What is being asked
Please report how many lines of the following entries hold the word "gone", giving the number alone.

*** Input records ***

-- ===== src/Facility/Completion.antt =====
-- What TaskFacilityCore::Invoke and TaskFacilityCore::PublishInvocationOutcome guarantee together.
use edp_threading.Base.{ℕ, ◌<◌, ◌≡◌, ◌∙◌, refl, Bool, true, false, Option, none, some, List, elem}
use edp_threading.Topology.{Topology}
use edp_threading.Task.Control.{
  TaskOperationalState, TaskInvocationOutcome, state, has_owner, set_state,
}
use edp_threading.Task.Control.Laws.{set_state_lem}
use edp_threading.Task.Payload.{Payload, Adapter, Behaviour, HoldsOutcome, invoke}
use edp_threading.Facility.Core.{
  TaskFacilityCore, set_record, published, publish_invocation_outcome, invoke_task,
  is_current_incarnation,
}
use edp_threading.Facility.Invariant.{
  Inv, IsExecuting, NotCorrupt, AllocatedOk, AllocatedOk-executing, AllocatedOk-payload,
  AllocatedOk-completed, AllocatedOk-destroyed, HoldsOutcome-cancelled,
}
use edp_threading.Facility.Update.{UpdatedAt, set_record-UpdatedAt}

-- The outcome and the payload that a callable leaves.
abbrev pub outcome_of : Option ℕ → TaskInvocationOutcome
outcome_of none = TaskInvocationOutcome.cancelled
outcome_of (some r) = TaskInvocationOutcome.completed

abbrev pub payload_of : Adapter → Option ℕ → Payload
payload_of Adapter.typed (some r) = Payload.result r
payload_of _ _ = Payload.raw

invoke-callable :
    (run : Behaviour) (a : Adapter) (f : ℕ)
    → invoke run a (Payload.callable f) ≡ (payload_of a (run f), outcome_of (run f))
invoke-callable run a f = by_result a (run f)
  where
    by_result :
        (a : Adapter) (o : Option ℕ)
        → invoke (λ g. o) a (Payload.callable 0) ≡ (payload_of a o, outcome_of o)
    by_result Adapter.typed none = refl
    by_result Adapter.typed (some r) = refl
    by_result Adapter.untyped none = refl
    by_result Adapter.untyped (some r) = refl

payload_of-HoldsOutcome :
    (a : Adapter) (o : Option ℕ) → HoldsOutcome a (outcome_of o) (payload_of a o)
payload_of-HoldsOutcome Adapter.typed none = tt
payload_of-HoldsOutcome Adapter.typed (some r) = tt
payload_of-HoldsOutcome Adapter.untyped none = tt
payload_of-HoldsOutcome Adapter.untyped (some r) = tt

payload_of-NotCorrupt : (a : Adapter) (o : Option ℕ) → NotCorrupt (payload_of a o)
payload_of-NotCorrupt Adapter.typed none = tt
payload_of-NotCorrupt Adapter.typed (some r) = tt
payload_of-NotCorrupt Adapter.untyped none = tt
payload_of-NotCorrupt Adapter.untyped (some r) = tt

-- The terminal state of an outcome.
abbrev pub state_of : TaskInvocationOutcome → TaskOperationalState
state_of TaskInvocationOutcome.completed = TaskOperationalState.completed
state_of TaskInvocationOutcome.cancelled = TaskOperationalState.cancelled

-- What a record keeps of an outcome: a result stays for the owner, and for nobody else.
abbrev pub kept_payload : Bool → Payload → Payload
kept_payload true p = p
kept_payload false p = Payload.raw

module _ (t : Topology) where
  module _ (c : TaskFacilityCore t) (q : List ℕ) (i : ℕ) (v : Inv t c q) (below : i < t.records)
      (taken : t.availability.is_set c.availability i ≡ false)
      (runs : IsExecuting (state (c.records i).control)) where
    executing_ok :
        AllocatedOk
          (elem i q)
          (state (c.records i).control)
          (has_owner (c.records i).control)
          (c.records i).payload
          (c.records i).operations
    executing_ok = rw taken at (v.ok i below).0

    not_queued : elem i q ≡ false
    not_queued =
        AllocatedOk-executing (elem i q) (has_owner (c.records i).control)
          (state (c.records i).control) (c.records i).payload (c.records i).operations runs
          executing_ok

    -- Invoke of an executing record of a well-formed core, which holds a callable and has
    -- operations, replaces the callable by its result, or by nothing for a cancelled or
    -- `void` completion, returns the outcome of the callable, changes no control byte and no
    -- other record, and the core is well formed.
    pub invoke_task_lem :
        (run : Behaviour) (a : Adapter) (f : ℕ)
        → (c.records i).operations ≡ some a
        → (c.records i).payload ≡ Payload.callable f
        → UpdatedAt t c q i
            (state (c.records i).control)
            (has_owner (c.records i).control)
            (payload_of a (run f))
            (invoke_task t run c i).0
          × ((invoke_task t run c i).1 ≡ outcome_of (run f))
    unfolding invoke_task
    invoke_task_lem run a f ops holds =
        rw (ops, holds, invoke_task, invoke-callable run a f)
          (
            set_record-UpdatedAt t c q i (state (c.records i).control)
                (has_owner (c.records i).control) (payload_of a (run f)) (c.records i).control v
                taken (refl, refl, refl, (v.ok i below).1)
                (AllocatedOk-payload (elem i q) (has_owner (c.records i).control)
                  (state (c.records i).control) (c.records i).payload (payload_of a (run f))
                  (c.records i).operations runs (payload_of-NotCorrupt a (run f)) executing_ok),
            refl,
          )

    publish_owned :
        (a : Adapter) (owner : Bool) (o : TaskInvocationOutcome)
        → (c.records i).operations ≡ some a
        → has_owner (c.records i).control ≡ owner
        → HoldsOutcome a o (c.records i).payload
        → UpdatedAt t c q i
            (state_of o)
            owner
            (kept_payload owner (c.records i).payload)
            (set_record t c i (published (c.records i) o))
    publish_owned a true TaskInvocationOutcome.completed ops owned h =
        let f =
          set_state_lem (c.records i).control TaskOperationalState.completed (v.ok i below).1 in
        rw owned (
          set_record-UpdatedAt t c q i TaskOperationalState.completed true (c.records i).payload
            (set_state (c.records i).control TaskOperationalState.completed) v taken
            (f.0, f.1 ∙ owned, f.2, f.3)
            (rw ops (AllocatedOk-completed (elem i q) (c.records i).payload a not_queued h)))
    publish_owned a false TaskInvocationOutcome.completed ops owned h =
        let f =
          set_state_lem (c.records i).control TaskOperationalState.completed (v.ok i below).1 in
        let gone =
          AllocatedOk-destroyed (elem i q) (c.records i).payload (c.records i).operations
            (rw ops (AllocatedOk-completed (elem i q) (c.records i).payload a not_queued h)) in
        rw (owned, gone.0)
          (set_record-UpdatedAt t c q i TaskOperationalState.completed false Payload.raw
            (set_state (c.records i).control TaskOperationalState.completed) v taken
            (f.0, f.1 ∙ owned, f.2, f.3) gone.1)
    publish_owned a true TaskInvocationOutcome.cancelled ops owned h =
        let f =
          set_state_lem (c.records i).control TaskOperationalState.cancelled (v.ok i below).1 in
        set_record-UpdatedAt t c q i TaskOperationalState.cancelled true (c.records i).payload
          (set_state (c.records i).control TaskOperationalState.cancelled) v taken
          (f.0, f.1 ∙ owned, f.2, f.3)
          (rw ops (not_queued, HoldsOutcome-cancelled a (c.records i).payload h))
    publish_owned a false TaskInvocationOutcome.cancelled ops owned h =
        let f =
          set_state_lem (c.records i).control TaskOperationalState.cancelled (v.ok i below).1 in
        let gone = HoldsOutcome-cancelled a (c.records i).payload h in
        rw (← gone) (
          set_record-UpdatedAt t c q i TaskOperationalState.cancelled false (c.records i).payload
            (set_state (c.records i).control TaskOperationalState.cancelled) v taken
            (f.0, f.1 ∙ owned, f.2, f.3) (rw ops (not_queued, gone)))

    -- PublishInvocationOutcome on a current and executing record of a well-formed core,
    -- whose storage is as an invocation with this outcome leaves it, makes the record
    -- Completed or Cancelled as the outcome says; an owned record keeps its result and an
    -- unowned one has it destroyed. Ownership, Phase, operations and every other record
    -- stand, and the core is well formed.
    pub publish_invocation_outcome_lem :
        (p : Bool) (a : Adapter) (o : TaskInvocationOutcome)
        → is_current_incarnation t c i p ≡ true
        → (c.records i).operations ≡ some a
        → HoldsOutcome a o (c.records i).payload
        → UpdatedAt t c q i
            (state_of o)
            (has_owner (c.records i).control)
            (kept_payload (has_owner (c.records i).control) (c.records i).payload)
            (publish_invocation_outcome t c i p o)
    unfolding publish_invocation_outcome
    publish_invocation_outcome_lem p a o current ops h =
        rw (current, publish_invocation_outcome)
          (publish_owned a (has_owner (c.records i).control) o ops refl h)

*** End of Input records ***

Response to this task
6